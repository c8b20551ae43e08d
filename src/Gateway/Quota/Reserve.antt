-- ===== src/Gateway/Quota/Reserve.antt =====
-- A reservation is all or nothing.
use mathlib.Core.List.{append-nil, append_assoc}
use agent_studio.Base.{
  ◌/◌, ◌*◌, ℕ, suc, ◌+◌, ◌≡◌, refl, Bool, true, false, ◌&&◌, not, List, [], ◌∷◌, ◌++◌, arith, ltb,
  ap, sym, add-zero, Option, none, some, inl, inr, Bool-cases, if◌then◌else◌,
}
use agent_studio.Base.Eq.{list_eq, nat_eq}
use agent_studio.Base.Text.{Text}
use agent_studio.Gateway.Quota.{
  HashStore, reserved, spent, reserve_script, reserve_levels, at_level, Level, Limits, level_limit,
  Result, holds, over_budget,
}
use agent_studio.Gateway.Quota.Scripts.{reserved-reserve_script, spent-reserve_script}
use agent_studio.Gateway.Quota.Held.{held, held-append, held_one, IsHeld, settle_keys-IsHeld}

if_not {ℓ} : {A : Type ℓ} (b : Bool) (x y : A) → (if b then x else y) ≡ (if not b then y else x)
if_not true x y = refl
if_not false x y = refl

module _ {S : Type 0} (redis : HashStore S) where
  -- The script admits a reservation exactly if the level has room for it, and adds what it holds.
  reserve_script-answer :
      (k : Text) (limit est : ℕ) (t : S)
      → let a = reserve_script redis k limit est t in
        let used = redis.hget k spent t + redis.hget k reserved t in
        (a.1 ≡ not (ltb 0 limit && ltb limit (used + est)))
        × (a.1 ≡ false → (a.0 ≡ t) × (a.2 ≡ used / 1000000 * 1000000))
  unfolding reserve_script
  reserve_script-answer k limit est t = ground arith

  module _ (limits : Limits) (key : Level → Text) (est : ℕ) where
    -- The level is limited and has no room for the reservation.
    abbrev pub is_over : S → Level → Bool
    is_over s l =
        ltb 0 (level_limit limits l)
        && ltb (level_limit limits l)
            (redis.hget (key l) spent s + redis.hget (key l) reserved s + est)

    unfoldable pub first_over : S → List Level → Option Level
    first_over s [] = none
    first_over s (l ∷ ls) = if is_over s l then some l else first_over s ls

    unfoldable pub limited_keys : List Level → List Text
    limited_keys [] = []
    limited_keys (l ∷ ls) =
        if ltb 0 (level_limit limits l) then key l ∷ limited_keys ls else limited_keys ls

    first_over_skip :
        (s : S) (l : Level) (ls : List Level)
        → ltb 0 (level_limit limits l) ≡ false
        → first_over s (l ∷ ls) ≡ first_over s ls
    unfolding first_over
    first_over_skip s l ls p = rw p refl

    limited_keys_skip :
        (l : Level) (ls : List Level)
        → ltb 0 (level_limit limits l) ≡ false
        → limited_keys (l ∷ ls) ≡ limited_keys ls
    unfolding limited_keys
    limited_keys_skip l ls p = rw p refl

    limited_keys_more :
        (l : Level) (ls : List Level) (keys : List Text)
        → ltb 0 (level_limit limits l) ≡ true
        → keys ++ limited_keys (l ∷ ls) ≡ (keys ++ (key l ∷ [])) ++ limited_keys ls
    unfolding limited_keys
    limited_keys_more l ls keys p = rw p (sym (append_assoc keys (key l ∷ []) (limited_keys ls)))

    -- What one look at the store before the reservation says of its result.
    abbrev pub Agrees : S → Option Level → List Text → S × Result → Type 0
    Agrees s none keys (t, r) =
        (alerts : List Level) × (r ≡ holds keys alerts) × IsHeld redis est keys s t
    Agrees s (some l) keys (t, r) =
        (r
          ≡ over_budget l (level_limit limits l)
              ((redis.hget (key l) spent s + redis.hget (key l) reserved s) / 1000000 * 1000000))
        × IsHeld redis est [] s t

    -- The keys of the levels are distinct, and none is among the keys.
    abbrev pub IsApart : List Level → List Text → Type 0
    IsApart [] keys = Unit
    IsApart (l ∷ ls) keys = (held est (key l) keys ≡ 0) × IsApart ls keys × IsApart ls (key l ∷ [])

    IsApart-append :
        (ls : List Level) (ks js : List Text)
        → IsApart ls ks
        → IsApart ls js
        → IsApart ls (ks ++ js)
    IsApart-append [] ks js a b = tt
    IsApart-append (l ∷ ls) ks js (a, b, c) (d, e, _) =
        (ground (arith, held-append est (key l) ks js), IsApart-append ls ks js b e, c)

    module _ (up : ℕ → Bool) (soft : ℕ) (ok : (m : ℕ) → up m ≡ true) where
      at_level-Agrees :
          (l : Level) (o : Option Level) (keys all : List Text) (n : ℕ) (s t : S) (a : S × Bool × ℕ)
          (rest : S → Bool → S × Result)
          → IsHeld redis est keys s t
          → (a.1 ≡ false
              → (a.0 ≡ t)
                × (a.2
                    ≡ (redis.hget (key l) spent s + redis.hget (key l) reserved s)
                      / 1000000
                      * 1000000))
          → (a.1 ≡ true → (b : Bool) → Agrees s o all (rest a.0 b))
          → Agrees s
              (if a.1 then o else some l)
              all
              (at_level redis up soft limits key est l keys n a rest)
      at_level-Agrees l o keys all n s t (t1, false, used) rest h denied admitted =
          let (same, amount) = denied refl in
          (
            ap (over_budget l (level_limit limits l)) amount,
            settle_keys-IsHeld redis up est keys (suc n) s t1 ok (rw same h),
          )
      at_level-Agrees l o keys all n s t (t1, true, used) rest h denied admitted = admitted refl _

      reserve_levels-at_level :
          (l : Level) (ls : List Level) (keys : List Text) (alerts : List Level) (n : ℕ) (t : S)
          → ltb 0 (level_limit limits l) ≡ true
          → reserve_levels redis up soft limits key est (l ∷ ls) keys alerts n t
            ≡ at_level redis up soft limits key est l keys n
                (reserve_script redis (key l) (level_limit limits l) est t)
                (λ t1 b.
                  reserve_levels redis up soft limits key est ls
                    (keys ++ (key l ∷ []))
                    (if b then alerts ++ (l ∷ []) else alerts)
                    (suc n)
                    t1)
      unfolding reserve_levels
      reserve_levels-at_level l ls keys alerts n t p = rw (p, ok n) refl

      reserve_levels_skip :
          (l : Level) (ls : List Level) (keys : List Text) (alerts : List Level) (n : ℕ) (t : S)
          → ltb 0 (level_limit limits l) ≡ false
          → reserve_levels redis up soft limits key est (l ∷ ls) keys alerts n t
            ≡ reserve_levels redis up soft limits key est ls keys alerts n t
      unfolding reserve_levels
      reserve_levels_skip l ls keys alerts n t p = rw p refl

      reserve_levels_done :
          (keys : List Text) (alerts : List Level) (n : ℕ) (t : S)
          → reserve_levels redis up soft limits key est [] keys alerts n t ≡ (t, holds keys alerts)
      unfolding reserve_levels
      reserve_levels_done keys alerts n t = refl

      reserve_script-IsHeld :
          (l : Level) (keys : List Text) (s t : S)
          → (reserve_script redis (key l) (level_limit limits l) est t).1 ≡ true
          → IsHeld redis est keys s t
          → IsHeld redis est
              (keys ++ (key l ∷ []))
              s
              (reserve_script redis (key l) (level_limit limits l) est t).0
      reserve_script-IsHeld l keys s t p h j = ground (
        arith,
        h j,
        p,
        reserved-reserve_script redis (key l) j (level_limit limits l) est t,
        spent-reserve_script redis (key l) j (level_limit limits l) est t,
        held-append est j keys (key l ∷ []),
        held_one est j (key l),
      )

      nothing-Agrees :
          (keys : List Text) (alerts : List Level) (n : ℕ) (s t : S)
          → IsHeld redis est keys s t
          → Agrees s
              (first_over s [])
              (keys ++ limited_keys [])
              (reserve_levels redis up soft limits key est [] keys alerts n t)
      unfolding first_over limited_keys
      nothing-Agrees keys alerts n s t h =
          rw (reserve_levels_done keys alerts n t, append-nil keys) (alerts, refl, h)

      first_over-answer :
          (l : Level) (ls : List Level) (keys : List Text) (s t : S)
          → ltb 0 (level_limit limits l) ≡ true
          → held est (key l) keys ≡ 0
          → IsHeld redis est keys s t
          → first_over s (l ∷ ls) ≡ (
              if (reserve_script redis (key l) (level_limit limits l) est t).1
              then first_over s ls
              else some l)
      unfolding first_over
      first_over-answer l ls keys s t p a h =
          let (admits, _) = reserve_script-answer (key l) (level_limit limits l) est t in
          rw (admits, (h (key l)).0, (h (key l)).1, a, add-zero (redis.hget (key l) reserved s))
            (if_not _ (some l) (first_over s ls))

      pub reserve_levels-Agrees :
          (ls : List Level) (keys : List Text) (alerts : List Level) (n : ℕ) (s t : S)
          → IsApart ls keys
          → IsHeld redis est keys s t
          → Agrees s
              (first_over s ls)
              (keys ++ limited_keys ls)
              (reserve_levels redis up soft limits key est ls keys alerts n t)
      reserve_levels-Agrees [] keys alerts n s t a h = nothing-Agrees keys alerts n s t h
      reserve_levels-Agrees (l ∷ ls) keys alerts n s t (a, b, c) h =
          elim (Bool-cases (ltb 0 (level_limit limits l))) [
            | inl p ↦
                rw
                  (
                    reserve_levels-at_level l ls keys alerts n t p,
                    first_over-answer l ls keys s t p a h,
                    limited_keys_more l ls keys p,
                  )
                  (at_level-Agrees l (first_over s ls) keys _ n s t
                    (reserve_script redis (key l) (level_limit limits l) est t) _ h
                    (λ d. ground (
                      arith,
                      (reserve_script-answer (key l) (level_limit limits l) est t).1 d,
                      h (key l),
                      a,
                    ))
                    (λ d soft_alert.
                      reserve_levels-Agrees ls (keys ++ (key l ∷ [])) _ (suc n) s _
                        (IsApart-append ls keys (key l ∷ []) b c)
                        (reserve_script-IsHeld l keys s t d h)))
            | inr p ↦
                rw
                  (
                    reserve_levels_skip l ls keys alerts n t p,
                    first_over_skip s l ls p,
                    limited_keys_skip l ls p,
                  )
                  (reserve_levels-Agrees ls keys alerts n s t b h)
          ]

» **PROBLEM REQUIREMENTS**
Each line that holds the word "admits" should be extracted from the records.

» **WRITTEN REPLY**
  -- The script admits a reservation exactly if the level has room for it, and adds what it holds.
          let (admits, _) = reserve_script-answer (key l) (level_limit limits l) est t in
          rw (admits, (h (key l)).0, (h (key l)).1, a, add-zero (redis.hget (key l) reserved s))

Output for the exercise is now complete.